**Work order**
Look for the string "month" in the listing below and copy every line in which it appears.

**Data shown**
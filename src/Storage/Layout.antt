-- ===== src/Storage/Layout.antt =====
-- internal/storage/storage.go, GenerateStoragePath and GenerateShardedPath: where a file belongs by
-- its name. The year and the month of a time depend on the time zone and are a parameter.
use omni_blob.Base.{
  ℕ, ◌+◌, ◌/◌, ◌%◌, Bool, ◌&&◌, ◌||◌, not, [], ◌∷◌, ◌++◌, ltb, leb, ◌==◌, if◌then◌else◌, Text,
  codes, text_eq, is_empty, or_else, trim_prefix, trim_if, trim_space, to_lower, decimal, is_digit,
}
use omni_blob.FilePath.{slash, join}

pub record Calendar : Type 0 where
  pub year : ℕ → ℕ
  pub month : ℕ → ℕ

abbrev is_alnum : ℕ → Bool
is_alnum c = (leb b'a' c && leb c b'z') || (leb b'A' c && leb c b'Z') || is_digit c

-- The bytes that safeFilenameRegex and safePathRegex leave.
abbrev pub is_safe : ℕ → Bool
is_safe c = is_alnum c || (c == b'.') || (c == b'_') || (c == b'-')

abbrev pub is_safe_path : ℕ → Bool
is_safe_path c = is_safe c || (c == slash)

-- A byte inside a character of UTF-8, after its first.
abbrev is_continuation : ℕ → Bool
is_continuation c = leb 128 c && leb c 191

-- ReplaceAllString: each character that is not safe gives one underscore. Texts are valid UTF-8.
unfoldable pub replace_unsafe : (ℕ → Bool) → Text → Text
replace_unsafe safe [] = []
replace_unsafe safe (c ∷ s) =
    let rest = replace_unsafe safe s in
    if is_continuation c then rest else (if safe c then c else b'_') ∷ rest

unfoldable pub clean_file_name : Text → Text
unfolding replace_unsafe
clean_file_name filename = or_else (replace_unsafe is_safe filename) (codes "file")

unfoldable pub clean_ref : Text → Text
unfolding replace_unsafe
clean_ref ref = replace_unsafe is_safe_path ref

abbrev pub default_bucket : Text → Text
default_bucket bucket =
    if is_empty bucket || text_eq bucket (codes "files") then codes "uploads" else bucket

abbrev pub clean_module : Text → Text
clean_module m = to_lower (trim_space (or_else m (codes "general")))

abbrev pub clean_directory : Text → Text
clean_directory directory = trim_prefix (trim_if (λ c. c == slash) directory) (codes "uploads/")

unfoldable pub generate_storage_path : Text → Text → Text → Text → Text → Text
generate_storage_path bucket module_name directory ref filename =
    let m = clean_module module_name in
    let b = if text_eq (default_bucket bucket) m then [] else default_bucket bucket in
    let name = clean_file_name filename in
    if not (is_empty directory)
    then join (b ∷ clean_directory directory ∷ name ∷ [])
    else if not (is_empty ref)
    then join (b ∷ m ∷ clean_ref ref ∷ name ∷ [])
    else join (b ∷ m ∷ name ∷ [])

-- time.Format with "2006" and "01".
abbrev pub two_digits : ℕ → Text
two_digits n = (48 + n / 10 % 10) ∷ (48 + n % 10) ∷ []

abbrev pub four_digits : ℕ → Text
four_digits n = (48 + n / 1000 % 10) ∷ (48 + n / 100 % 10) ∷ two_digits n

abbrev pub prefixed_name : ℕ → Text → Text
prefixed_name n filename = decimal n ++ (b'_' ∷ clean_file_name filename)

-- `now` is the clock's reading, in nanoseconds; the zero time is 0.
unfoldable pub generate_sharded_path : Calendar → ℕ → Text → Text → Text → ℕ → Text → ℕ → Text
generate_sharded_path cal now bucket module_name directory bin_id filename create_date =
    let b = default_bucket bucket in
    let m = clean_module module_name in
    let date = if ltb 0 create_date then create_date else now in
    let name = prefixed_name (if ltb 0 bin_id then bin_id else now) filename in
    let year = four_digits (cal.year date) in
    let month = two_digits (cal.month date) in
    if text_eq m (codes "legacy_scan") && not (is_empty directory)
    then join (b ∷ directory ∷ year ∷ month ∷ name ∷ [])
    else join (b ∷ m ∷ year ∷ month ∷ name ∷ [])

**Response to this task**
-- its name. The year and the month of a time depend on the time zone and are a parameter.
  pub month : ℕ → ℕ
    let month = two_digits (cal.month date) in
    then join (b ∷ directory ∷ year ∷ month ∷ name ∷ [])
    else join (b ∷ m ∷ year ∷ month ∷ name ∷ [])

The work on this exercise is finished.